Sonargöltr and Heitstrenging

Many of us are familiar with the Christmas ham and New Year’s Resolutions but have you ever stopped to ask yourself where these customs come from? That’s right, they originated with us. The Christmas ham comes from the sonargöltr, or sacrificial boar, and New Year’s Resolutions are a pale reflection of heitstrenging, holy and powerful oaths sworn upon the bristles and / or head of the sonargöltr.

Hervarar saga ok Heiðreks makes reference to the custom of swearing oaths while placing a hand on the bristles of a boar that would later be sacrificed during blót. Helgakviða Hjörvarðssonar also discusses the act of swearing oaths on the sacrificial boar and adds that it is done during the drinking of the bragarfull. Ynglinga saga adds that the boar was also used for divination.

These oaths were called heitstrenging. While some of the vows spoken are portrayed as insignificant or silly, the vast majority of the vows given in the sagas are treated very seriously and there were significant penalties for failing to keep them. Jómsvíkinga saga gives an example of one of the most violent and severe oaths taken by the followers of Sweyn Forkbeard. Harald Fairhair gets his nickname from his oath not to comb his hair until he has conquered all of Norway.

The choice of a sacrificial boar shows a connection to Freyr, particularly through his sacred boar Gullinbursti. There is a good bit of evidence regarding sacrifices to Freyr during Yule for the blessing of a less harsh winter. Jan de Vries also connects a Swedish custom of eating pig shaped cakes at Christmas to ancient Heathen practices, particularly the sonargöltr (Altgermanische Religionsgeschichte, Volume 1). In Teutonic Mythology, Jakob Grimm connects the serving of a boar’s head at banquets to this ancient practice of the boar sacrifice.

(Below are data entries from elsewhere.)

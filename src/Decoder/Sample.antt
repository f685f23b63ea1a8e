-- ===== src/Decoder/Sample.antt =====
-- A small decoder, for runs of the code that uses one.
use hand_motion_capture.Prelude.{
  ℕ, suc, ◌≤◌, ◌≡◌, ap, Bool, true, false, List, [], ◌∷◌, ◌++◌, Option, none, some, arith, length,
  length-append,
}
use hand_motion_capture.Decoder.{Avcodec, Decoded, picture, again, end}

-- Whether the stream has ended, and the pictures to come.
abbrev pub SmallContext : Type 0
SmallContext = Bool × List ℕ

-- A packet gives a picture, which is its length.
abbrev pub small_send : Option (List ℕ) → SmallContext → Bool × SmallContext
small_send none (ended, pictures) = (true, (true, pictures))
small_send (some bytes) (ended, pictures) = (true, (ended, pictures ++ length bytes ∷ []))

abbrev pub small_receive : SmallContext → Decoded × SmallContext
small_receive (true, []) = (end, (true, []))
small_receive (false, []) = (again, (false, []))
small_receive (ended, p ∷ pictures) = (picture p, (ended, pictures))

pub small_picture :
    (c c' : SmallContext) (p : ℕ)
    → small_receive c ≡ (picture p, c')
    → suc (length (c'.1)) ≤ length (c.1)
small_picture (true, []) c' p e = absurd (cc e)
small_picture (false, []) c' p e = absurd (cc e)
small_picture (ended, q ∷ pictures) c' p e =
    rw (ap (λ (x : Decoded × SmallContext). length (x.1.1)) e) (omega arith)

pub small_other : (c : SmallContext) → length ((small_receive c).1.1) ≤ length (c.1)
small_other (true, []) = omega arith
small_other (false, []) = omega arith
small_other (ended, p ∷ pictures) = omega arith

pub small_packet :
    (bytes : List ℕ) (c : SmallContext)
    → length ((small_send (some bytes) c).1.1) ≤ suc (length (c.1))
small_packet bytes (ended, pictures) = rw (length-append pictures (length bytes ∷ [])) (omega arith)

pub small_flush : (c : SmallContext) → length ((small_send none c).1.1) ≤ length (c.1)
small_flush (ended, pictures) = omega arith

abbrev pub small_decoder : Avcodec
small_decoder = record {
  Context = SmallContext;
  send_packet = small_send;
  receive_frame = small_receive;
  transfer = λ c. true;
  backlog = λ c. length (c.1);
  flush_adds_none = small_flush;
  packet_adds_one = small_packet;
  picture_takes_one = small_picture;
  other_adds_none = small_other;
}
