-- ===== src/Decoder/Tests.antt =====
-- The set-up of the decoder on a machine where it fails.
use hand_motion_capture.Prelude.{◌≡◌, refl, true, false, pos}
use hand_motion_capture.Decoder.Resources.{Answers, init_decoder, nothing_held}

-- No memory for the packet.
abbrev no_packet : Answers
no_packet = record {
  finds_decoder = true;
  allocates_context = true;
  create_device = pos 0;
  references_device = true;
  open_codec = pos 0;
  allocates_frame = true;
  allocates_hw_frame = true;
  allocates_packet = false;
  get_buffer = pos 0;
}

frees_all : (init_decoder no_packet).1 ≡ nothing_held
unfolding init_decoder
frees_all = refl
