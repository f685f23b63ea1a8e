-- ===== src/Frameset.antt =====
-- frameset_server/src/main.c: the loop that lines up the frames of all cameras by timestamp. The queue
-- of filled buffers of a camera is the list of what its thread will enqueue, oldest first; whether the
-- thread has got as far when the loop looks is an argument of the pass.
pub mod Lanes
pub mod Matching
pub mod Alignment
pub mod Progress
pub mod Exact
pub mod Delivery
pub mod Startup
pub mod Exits
pub mod Released
pub mod Filling
mod Tests
use hand_motion_capture.Prelude.{
  ℕ, ◌-◌, Bool, true, false, ◌&&◌, List, [], ◌∷◌, ◌++◌, map, Option, none, some, ltb, ◌==◌,
  if◌then◌else◌,
}

-- `struct ts_frame_buf`, with its picture as a number.
pub record TsFrameBuf : Type 0 where
  pub timestamp : ℕ
  pub frame_buf : ℕ

-- What belongs to one camera: its entry in `current_frames`, the queue of filled buffers, and the
-- buffers that were enqueued as empty again, oldest first.
pub record Lane : Type 0 where
  pub current : Option TsFrameBuf
  pub filled : List TsFrameBuf
  pub returned : List TsFrameBuf

-- The memory that is shared with the consumer.
pub record Shared : Type 0 where
  pub frames : List ℕ
  pub timestamp : ℕ

-- `framesets` holds the timestamps that were logged as received, oldest first; `consumer_ready` is the
-- value of the semaphore.
pub record Assembly : Type 0 where
  pub lanes : List Lane
  pub framesets : List ℕ
  pub consumer_ready : ℕ
  pub frameset_buf : Option Shared

-- `spsc_dequeue(&filled_frame_consumer_qs[i])`, which finds a buffer only if the thread has put one.
unfoldable pub dequeue_filled : Bool → List TsFrameBuf → Lane → Lane
dequeue_filled ready [] l = l
dequeue_filled ready (b ∷ bs) l = if ready then record l { current = some b; filled = bs } else l

-- An entry that is set already is left alone.
unfoldable pub poll : Bool → Lane → Lane
unfolding dequeue_filled
poll ready l = elim l.current [ some b ↦ l | none ↦ dequeue_filled ready l.filled l ]

unfoldable pub fill : List Bool → List Lane → List Lane
unfolding poll
fill ready [] = []
fill [] (l ∷ ls) = poll false l ∷ fill [] ls
fill (r ∷ rs) (l ∷ ls) = poll r l ∷ fill rs ls

abbrev pub is_some {ℓ} : {A : Type ℓ} → Option A → Bool
is_some none = false
is_some (some a) = true

unfoldable pub is_full : List Lane → Bool
is_full [] = true
is_full (l ∷ ls) = is_some l.current && is_full ls

-- The timestamp of a set entry. The loops below are only run on a full set.
unfoldable pub current_time : Option TsFrameBuf → ℕ
current_time none = 0
current_time (some b) = b.timestamp

unfoldable pub max_timestamp : ℕ → List Lane → ℕ
unfolding current_time
max_timestamp m [] = m
max_timestamp m (l ∷ ls) =
    max_timestamp (if ltb m (current_time l.current) then current_time l.current else m) ls

unfoldable pub all_equal : ℕ → List Lane → Bool
unfolding current_time
all_equal m [] = true
all_equal m (l ∷ ls) = current_time l.current == m && all_equal m ls

-- `spsc_enqueue(&empty_frame_producer_qs[i], current_frames[i]); current_frames[i] = NULL;`
unfoldable pub give_back : Option TsFrameBuf → Lane → Lane
give_back none l = l
give_back (some b) l = record l { current = none; returned = l.returned ++ b ∷ [] }

unfoldable pub discard_other : ℕ → Lane → Lane
unfolding give_back current_time
discard_other m l = if current_time l.current == m then l else give_back l.current l

abbrev pub release : Lane → Lane
release l = give_back l.current l

abbrev pub picture : Option TsFrameBuf → ℕ
picture none = 0
picture (some b) = b.frame_buf

-- The copy to the consumer, if its semaphore is 0, and `sem_post`. The consumer cannot pass its wait before
-- the post; if it has passed it already, what it reads during the copies is no matter of this state.
unfoldable pub hand_over : ℕ → List Lane → Assembly → Assembly
hand_over m lanes s =
    if s.consumer_ready == 0
    then record s {
      frameset_buf = some (record { frames = map (λ l. picture l.current) lanes; timestamp = m });
      consumer_ready = 1;
    }
    else s

-- A full set of one timestamp is handed over, and all its buffers are given back.
unfoldable pub receive : ℕ → List Lane → Assembly → Assembly
unfolding hand_over give_back
receive m lanes s =
    let s' = hand_over m lanes s in
    record s' { lanes = map release lanes; framesets = s.framesets ++ m ∷ [] }

unfoldable pub match_frames : List Lane → Assembly → Assembly
unfolding receive discard_other max_timestamp all_equal
match_frames lanes s =
    let m = max_timestamp 0 lanes in
    if all_equal m lanes
    then receive m lanes s
    else record s { lanes = map (discard_other m) lanes }

-- One pass of `while (running)`. `nanosleep` changes nothing here.
unfoldable pub pass : List Bool → Assembly → Assembly
unfolding fill is_full match_frames
pass ready s =
    let lanes = fill ready s.lanes in
    if is_full lanes then match_frames lanes s else record s { lanes = lanes }

-- A pass of the loop, or the `sem_wait` of the consumer, which waits at 0.
pub data Event : Type 0 where
  passes : List Bool → Event
  takes : Event

unfoldable pub handle : Event → Assembly → Assembly
unfolding pass
handle (passes ready) s = pass ready s
handle takes s = record s { consumer_ready = s.consumer_ready - 1 }

unfoldable pub main_loop : List Event → Assembly → Assembly
unfolding handle
main_loop [] s = s
main_loop (e ∷ es) s = main_loop es (handle e s)

-- `current_frames` is cleared, and the semaphore was created with 0.
unfoldable pub start : List (List TsFrameBuf) → Assembly
start streams = record {
  lanes = map (λ bufs. record { current = none; filled = bufs; returned = [] }) streams;
  framesets = [];
  consumer_ready = 0;
  frameset_buf = none;
}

Update: Vertyx from Reddit mentioned that the pig cakes de Vries is refering to may actually be marsipangrisar, a candy pig made from Marzipan. As a child I saw these only rarely and didn’t connect them to what de Vries was writing about. A quick look around the internet refers to the Marzipan pigs as a confection that is said to bring good luck. I find it interesting that we see yet another surviving element of our past in modern traditions. My thanks to Vertyx from bringing this up.